---- Records provided
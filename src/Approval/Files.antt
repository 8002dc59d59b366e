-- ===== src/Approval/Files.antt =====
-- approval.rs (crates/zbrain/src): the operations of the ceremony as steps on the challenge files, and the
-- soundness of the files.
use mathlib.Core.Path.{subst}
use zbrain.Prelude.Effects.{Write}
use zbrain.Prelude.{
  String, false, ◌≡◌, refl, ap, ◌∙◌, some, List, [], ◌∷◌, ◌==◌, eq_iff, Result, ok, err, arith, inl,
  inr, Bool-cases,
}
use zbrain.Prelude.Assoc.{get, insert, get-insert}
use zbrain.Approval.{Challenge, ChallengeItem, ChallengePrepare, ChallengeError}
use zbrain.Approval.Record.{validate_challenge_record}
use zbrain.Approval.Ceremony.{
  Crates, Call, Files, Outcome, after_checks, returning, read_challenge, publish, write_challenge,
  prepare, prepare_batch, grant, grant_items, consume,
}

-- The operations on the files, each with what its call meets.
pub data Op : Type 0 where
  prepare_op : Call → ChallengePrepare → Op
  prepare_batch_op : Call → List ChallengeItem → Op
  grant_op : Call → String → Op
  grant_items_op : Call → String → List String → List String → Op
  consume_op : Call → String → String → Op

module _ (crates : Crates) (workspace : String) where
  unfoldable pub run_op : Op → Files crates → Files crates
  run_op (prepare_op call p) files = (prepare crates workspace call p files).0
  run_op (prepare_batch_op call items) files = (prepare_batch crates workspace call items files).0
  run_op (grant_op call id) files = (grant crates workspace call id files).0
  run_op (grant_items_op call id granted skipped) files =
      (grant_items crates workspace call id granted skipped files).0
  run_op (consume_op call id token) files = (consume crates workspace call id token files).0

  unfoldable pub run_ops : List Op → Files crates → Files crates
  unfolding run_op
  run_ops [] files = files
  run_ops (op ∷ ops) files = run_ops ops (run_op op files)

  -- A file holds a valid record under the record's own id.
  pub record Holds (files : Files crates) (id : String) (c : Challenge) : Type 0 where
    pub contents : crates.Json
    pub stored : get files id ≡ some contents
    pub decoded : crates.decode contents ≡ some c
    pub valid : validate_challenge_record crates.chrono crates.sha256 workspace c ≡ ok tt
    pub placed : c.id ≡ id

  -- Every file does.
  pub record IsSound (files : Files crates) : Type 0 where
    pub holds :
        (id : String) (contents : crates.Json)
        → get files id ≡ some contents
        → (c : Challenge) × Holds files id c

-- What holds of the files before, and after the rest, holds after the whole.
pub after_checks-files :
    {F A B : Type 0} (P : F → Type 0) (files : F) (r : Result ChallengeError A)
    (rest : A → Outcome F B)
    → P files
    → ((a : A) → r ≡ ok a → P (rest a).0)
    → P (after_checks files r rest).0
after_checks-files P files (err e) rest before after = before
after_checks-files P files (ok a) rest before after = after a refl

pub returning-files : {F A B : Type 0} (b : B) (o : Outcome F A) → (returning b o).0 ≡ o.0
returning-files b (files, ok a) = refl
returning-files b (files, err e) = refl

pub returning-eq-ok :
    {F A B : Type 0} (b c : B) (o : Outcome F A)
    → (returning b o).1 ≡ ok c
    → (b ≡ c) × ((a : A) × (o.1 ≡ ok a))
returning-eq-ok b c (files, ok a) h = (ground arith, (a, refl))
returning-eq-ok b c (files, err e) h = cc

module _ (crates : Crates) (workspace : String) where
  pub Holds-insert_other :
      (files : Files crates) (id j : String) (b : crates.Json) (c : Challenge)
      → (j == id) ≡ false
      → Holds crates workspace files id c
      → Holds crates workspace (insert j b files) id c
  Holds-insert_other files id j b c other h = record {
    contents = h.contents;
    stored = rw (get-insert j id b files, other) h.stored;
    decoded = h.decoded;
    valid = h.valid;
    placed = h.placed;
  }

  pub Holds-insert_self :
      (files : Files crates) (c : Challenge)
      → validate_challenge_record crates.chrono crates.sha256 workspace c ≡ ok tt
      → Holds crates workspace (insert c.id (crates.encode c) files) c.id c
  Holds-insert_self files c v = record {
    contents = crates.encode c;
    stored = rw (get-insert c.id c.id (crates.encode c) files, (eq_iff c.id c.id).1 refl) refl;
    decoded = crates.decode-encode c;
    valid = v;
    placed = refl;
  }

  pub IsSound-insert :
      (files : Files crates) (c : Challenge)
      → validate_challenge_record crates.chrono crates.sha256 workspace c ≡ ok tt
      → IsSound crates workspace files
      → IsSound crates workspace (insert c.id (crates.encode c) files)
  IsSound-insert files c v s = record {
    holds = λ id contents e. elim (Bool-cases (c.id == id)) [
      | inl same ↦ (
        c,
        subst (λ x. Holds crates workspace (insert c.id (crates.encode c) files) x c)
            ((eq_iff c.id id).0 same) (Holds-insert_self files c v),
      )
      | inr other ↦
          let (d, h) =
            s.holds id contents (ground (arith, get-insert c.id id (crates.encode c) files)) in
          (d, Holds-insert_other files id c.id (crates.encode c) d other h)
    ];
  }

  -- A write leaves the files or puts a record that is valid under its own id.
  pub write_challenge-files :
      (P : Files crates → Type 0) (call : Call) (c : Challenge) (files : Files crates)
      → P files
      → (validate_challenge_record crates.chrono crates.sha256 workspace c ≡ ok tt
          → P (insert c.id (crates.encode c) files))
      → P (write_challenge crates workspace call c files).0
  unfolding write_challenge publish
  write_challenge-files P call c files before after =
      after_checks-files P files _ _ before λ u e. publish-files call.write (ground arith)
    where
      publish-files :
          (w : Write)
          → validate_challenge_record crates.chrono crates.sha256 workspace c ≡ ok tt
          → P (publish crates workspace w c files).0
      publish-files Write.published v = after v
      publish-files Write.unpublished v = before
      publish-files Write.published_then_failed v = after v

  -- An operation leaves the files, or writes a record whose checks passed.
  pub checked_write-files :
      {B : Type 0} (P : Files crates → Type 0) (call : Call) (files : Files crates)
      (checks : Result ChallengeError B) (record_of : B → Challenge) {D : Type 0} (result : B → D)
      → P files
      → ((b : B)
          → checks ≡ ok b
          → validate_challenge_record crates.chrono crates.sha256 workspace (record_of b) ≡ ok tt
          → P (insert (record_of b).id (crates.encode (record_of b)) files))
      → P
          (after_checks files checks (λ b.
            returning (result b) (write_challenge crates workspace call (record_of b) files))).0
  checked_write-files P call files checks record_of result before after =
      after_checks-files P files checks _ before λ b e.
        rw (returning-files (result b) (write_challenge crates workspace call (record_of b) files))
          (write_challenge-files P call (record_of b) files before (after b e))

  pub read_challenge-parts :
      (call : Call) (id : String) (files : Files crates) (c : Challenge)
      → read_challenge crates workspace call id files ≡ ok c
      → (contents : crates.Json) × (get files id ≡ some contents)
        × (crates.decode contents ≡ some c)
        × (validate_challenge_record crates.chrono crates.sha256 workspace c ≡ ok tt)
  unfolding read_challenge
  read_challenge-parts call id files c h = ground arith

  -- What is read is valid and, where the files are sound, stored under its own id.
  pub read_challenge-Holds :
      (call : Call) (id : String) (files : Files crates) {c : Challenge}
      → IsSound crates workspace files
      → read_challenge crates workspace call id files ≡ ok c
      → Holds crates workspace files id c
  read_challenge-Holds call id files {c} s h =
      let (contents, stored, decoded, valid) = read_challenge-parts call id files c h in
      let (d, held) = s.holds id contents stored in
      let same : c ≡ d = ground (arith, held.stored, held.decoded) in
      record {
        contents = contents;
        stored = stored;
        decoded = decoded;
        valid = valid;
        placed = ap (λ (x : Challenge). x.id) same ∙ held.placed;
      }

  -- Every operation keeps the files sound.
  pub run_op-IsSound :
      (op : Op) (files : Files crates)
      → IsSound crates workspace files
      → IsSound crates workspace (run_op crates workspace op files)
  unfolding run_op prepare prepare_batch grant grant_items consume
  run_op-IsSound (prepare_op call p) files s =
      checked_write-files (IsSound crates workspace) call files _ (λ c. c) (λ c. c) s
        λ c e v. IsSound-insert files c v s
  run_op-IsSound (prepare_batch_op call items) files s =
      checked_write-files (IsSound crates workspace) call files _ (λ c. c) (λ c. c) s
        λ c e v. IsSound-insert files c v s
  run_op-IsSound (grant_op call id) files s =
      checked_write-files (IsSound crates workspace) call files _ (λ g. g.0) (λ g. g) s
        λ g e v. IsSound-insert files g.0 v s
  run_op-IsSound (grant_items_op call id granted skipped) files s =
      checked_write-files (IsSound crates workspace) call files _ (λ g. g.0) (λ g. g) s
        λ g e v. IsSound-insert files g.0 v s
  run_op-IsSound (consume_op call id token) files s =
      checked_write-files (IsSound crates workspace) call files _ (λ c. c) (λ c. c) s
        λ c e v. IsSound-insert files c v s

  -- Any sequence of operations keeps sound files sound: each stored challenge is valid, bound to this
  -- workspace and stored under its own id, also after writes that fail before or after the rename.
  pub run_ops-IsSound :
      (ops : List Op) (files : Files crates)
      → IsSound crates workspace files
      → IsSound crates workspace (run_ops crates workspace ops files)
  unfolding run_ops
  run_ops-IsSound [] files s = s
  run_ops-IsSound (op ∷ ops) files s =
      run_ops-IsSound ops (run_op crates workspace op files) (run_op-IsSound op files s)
--------
In the data above, find the line that contains "-- Every file does.", then reproduce exactly every line from the first line through that line.

=== The completed task ===
filename src/Approval/Files.antt
repository 8002dc59d59b366e
-- ===== src/Approval/Files.antt =====
-- approval.rs (crates/zbrain/src): the operations of the ceremony as steps on the challenge files, and the
-- soundness of the files.
use mathlib.Core.Path.{subst}
use zbrain.Prelude.Effects.{Write}
use zbrain.Prelude.{
  String, false, ◌≡◌, refl, ap, ◌∙◌, some, List, [], ◌∷◌, ◌==◌, eq_iff, Result, ok, err, arith, inl,
  inr, Bool-cases,
}
use zbrain.Prelude.Assoc.{get, insert, get-insert}
use zbrain.Approval.{Challenge, ChallengeItem, ChallengePrepare, ChallengeError}
use zbrain.Approval.Record.{validate_challenge_record}
use zbrain.Approval.Ceremony.{
  Crates, Call, Files, Outcome, after_checks, returning, read_challenge, publish, write_challenge,
  prepare, prepare_batch, grant, grant_items, consume,
}

-- The operations on the files, each with what its call meets.
pub data Op : Type 0 where
  prepare_op : Call → ChallengePrepare → Op
  prepare_batch_op : Call → List ChallengeItem → Op
  grant_op : Call → String → Op
  grant_items_op : Call → String → List String → List String → Op
  consume_op : Call → String → String → Op

module _ (crates : Crates) (workspace : String) where
  unfoldable pub run_op : Op → Files crates → Files crates
  run_op (prepare_op call p) files = (prepare crates workspace call p files).0
  run_op (prepare_batch_op call items) files = (prepare_batch crates workspace call items files).0
  run_op (grant_op call id) files = (grant crates workspace call id files).0
  run_op (grant_items_op call id granted skipped) files =
      (grant_items crates workspace call id granted skipped files).0
  run_op (consume_op call id token) files = (consume crates workspace call id token files).0

  unfoldable pub run_ops : List Op → Files crates → Files crates
  unfolding run_op
  run_ops [] files = files
  run_ops (op ∷ ops) files = run_ops ops (run_op op files)

  -- A file holds a valid record under the record's own id.
  pub record Holds (files : Files crates) (id : String) (c : Challenge) : Type 0 where
    pub contents : crates.Json
    pub stored : get files id ≡ some contents
    pub decoded : crates.decode contents ≡ some c
    pub valid : validate_challenge_record crates.chrono crates.sha256 workspace c ≡ ok tt
    pub placed : c.id ≡ id

  -- Every file does.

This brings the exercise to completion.